Intel Broadwell HD Graphics 5500: Windows 8.1 vs. Linux

Written by Michael Larabel in Operating Systems on 24 January 2015 at 02:00 PM EST. Page 2 of 6. 36 Comments.

Given the differences between Intel's Windows and Linux drivers, I ran some of the usual OpenGL tests that are of known to be under similar quality under Linux and Windows and will run fine on both drivers. With the same ThinkPad X1 Carbon, the following software configurations were tested:

- Windows 8.1 x86_64 with the latest Intel driver (v15.36.14.64.4080) and other software updates at the time of testing.

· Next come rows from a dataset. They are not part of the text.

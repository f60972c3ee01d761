-- ===== src/TaskExec.antt =====
-- Task execution, internal/taskexec: the quota, the executions and cancelations of one process,
-- promises and subscriptions.
pub mod Limiter
pub mod Quota
pub mod Promise
pub mod LocalManager
pub mod Executions
pub mod Counting
pub mod Occupancy
pub mod Subscription
pub mod Streams
pub mod Distributed
pub mod Readers
pub mod Canceling
pub mod Canceled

- A clean install of Ubuntu 14.10 on the X1 Carbon and used its stock packages with the Linux 3.16 kernel, xf86-video-intel 2.99.914, and Mesa 10.3.2.

- The above Ubuntu 14.10 installation when then switching to the Linux 3.18.0 stable kernel and maintaining the other software versions.

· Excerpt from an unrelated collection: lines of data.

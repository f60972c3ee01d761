-- ===== src/WorkQueue/Lease.antt =====
-- The leases of one process, a2asrv/workqueue/lease.go. Each call runs under the manager's mutex.
--
-- `Acquire` takes a new pointer `&struct{}{}` as the lease's token, and a release compares it with
-- the token that is stored. Go's specification leaves open whether pointers to distinct variables of
-- size zero are equal, so the pointers' type and their comparison `same` are parameters.
use a2a_go.Base.{
  String, Bool, true, false, Option, none, some, [], if◌then◌else◌, str_eq, Result, ok, err,
  lease_already_taken, is_some,
}
use a2a_go.Base.Maps.{GoMap, lookup, insert, remove}

-- `Payload`, as far as the leases read it
pub record Payload : Type 0 where
  pub type : String
  pub task_id : String

abbrev payload_type_execute : String
payload_type_execute = "execute"

-- `case PayloadTypeExecute`
unfoldable pub is_execute : Payload → Bool
is_execute p = str_eq p.type payload_type_execute

module _ (Pointer : Type 0) where
  -- `inMemoryLeaseManager`
  pub record LeaseManager : Type 0 where
    pub executions : GoMap Pointer
    pub cancelations : GoMap Pointer

  -- `inMemoryLease` with what its release has captured; `executing` says which map it stands in
  pub record Lease : Type 0 where
    pub tid : String
    pub executing : Bool
    pub token : Pointer

module _ {Pointer : Type 0} where
  abbrev pub new_in_memory_lease_manager : LeaseManager Pointer
  new_in_memory_lease_manager = record { executions = []; cancelations = [] }

  abbrev pub token_map : Bool → LeaseManager Pointer → GoMap Pointer
  token_map true q = q.executions
  token_map false q = q.cancelations

  abbrev pub with_token_map : Bool → GoMap Pointer → LeaseManager Pointer → LeaseManager Pointer
  with_token_map true m q = record { executions = m; cancelations = q.cancelations }
  with_token_map false m q = record { executions = q.executions; cancelations = m }

  -- the new lease, stored
  abbrev pub grant : Bool → String → Pointer → LeaseManager Pointer → LeaseManager Pointer
  grant executing tid token q =
      with_token_map executing (insert tid token (token_map executing q)) q

  abbrev pub new_lease : Payload → Pointer → Lease Pointer
  new_lease p token = record { tid = p.task_id; executing = is_execute p; token = token }

  -- whether a lease that stands in the way is held
  abbrev pub is_taken : Bool → String → LeaseManager Pointer → Bool
  is_taken true tid q =
      if is_some (lookup tid q.executions) then true else is_some (lookup tid q.cancelations)
  is_taken false tid q = is_some (lookup tid q.cancelations)

  -- `Acquire`, with the pointer that the allocation gave
  unfoldable pub acquire :
      Payload → Pointer → LeaseManager Pointer → Result (Lease Pointer) × LeaseManager Pointer
  acquire p token q =
      if is_taken (is_execute p) p.task_id q
      then (err lease_already_taken, q)
      else (ok (new_lease p token), grant (is_execute p) p.task_id token q)

  release_found :
      (Pointer → Pointer → Bool)
      → Lease Pointer
      → Option Pointer
      → LeaseManager Pointer
      → LeaseManager Pointer
  release_found same l none q = q
  release_found same l (some token) q =
      if same token l.token
      then with_token_map l.executing (remove l.tid (token_map l.executing q)) q
      else q

  -- `Release`; a token is never nil, so a missing entry is never equal to it
  unfoldable pub release :
      (Pointer → Pointer → Bool) → Lease Pointer → LeaseManager Pointer → LeaseManager Pointer
  unfolding release_found
  release same l q = release_found same l (lookup l.tid (token_map l.executing q)) q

- The above Ubuntu 14.10 installation with Linux 3.18 when upgrading from Mesa 10.3.2 to Mesa 10.5-devel Git and xf86-video-intel 2.99.917 from the Padoka PPA.

- The above Ubuntu 14.10 installation of the upgraded user-space stack (Mesa 10.5-devel) when then trying the Linux 3.19 Git kernel as of Friday.

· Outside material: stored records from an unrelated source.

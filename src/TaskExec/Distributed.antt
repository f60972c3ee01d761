-- ===== src/TaskExec/Distributed.antt =====
-- The manager that hands its work to a queue, internal/taskexec/distributed_manager.go.
--
-- What the store, the queue manager, the codec and the work queue answer is given. A call returns its
-- result and its trace: the readers that it opened and closed, and the payloads that it wrote, in
-- order. A reader is named by its place among those that the call opens.
use a2a_go.Base.{
  ℕ, String, Bool, true, false, not, ◌&&◌, Option, none, some, List, [], ◌∷◌, ◌++◌, if◌then◌else◌,
  str_eq, Fault, Result, ok, err, other, invalid_params, unsupported_operation, task_not_cancelable,
  lease_already_taken, task_not_found,
}
use a2a_go.Core.{Task, Message, Event, task, terminal, is_canceled}
use a2a_go.Events.Apply.{is_final}
use a2a_go.TaskStore.Api.{StoredTask}
use a2a_go.TaskExec.Promise.{task_result, convert_to_cancelation_result}
use a2a_go.TaskExec.Subscription.{QueueMessage, Yield, remote_events}
use a2a_go.WorkQueue.Lease.{Payload}
use a2a_go.Proto.Sending.{SendMessageRequest}

pub data Action : Type 0 where
  opens : ℕ → String → Action
  closes : ℕ → Action
  writes : Payload → Action

-- what the parts around answer to one `Execute`; `stored` holds none when the task in it is nil
pub record ExecuteAnswers : Type 0 where
  pub new_task_id : String
  pub stored : Result (Option StoredTask)
  pub encoded : Result (Unit {0})
  pub reader : Result (Unit {0})
  pub written : Result String
  pub second_reader : Result (Unit {0})

-- the remote subscription that `Execute` returns: its reader and its task ID
abbrev pub Executed : Type 0
Executed = Result (ℕ × String) × List Action

abbrev pub execute_payload : String → Payload
execute_payload id = record { type = "execute"; task_id = id }

abbrev pub cancel_payload : String → Payload
cancel_payload id = record { type = "cancel"; task_id = id }

overridden : Message → ExecuteAnswers → String → List Action → Executed
overridden m a id done =
    if not (str_eq m.task_id "")
    then (err (other "bug: work queue task id override only allowed for new tasks"), done)
    else elim a.second_reader [
      | err f ↦ (err f, done)
      | ok _ ↦ (ok (1, id), done ++ (opens 1 id ∷ []))
    ]

-- from the answer of the work queue on
unfoldable pub after_write :
    Message → ExecuteAnswers → String → Result String → List Action → Executed
unfolding overridden
after_write m a requested (err f) done = (err f, done ++ (closes 0 ∷ []))
after_write m a requested (ok id) done =
    if not (str_eq id requested)
    then overridden m a id (done ++ (closes 0 ∷ []))
    else (ok (0, id), done)

subscribed : Message → ExecuteAnswers → String → Executed
unfolding after_write
subscribed m a requested = elim a.encoded [
  | err f ↦ (err f, [])
  | ok _ ↦ elim a.reader [
    | err f ↦ (err f, [])
    | ok _ ↦
        after_write m a requested a.written
          (opens 0 requested ∷ writes (execute_payload requested) ∷ [])
  ]
]

continued : Message → ExecuteAnswers → Executed
unfolding subscribed
continued m a = elim a.stored [
  | err f ↦ (err f, [])
  | ok none ↦ (err task_not_found, [])
  | ok (some st) ↦
      if not (str_eq m.context_id "") && not (str_eq m.context_id st.task.context_id)
      then (err invalid_params, [])
      else if terminal st.task.status.state
      then (err unsupported_operation, [])
      else subscribed m a m.task_id
]

addressed : ExecuteAnswers → Message → Executed
unfolding continued subscribed
addressed a m = if str_eq m.task_id "" then subscribed m a a.new_task_id else continued m a

-- `Execute`
unfoldable pub execute : Option SendMessageRequest → ExecuteAnswers → Executed
unfolding addressed
execute none a = (err invalid_params, [])
execute (some req) a = elim req.message [ none ↦ (err invalid_params, []) | some m ↦ addressed a m ]

-- what the parts around answer to one `Cancel`; `snapshot` and `reads` are for its subscription
pub record CancelAnswers : Type 0 where
  pub stored : Result StoredTask
  pub reader : Result (Unit {0})
  pub encoded : Result (Unit {0})
  pub written : Result String
  pub snapshot : Result StoredTask
  pub reads : List (Result QueueMessage)
  pub stored_after : Result StoredTask

-- what ends the loop over the subscription's events: a task, or not, then perhaps an error
pub data StreamEnd : Type 0 where
  waits : StreamEnd
  ends_with : Task → StreamEnd
  breaks : Option Fault → StreamEnd

at_final : Event → StreamEnd
at_final (task t) = ends_with t
at_final e = breaks none

-- the loop; the events are over while the reader waits
unfoldable pub follow : List Yield → StreamEnd
unfolding at_final
follow [] = waits
follow ((e, some f) ∷ ys) = breaks (some f)
follow ((none, none) ∷ ys) = follow ys
follow ((some e, none) ∷ ys) = let rest = follow ys in if is_final e then at_final e else rest

-- what `Cancel` returns; nothing while it waits
abbrev pub Canceled : Type 0
Canceled = Option (Result Task) × List Action

reload : CancelAnswers → List Action → Canceled
reload a done = elim a.stored_after [
  | err f ↦ (some (err f), done)
  | ok st ↦ (some (convert_to_cancelation_result (some (task_result st.task)) none), done)
]

-- from the end of the subscription on
unfoldable pub followed : CancelAnswers → List Action → StreamEnd → Canceled
unfolding reload
followed a done waits = (none, done)
followed a done (ends_with t) =
    (some (convert_to_cancelation_result (some (task_result t)) none), done ++ (closes 0 ∷ []))
followed a done (breaks f) = reload a (done ++ (closes 0 ∷ []))

-- `errors.Is(err, workqueue.ErrLeaseAlreadyTaken)`
abbrev pub is_lease_taken : Fault → Bool
is_lease_taken lease_already_taken = true
is_lease_taken _ = false

observed : CancelAnswers → StoredTask → List Action → Canceled
unfolding followed
observed a st done =
    followed a done (follow (remote_events false (some st.version) a.snapshot a.reads))

-- after the payload was written
canceling : String → CancelAnswers → StoredTask → Result String → List Action → Canceled
unfolding observed
canceling id a st (err f) done =
    if is_lease_taken f then observed a st done else (some (err f), done)
canceling id a st (ok used) done =
    if not (str_eq used id)
    then (
      some (err (other "bug: work-queue task id override is only allowed for executions")),
      done,
    )
    else observed a st done

cancelable : String → CancelAnswers → StoredTask → Canceled
unfolding canceling
cancelable id a st = elim a.reader [
  | err f ↦ (some (err f), [])
  | ok _ ↦ elim a.encoded [
    | err f ↦ (some (err f), opens 0 id ∷ closes 0 ∷ [])
    | ok _ ↦ canceling id a st a.written (opens 0 id ∷ writes (cancel_payload id) ∷ [])
  ]
]

-- `Cancel` of the task with this ID
unfoldable pub cancel : String → CancelAnswers → Canceled
unfolding cancelable
cancel id a = elim a.stored [
  | err f ↦ (some (err f), [])
  | ok st ↦
      if is_canceled st.task.status.state
      then (some (ok st.task), [])
      else if terminal st.task.status.state
      then (some (err task_not_cancelable), [])
      else cancelable id a st
]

- Lastly was the above Ubuntu 14.10 installation with the Mesa 10.5-devel user-space driver while pulling in drm-intel-next for testing out the Intel DRM graphics driver changes that will be queued up for the Linux 3.20 kernel as of this past Friday.

So what we're looking at is the OpenGL performance between Windows 8.1 against Ubuntu 14.10 and then all possible configurations of upgrading the open-source Intel Linux graphics driver stack to see how it's matured since the October release of the Ubuntu Utopic Unicorn release. Again, this ThinkPad X1 Carbon has an Intel Core i7 5600U processor with HD Graphics 5500, a Samsung 128GB SSD, 8GB of DDR3 system memory, and a 1920 x 1080 display. All of the Intel Broadwell Linux benchmarks in this article were done using the open-source Phoronix Test Suite benchmarking software.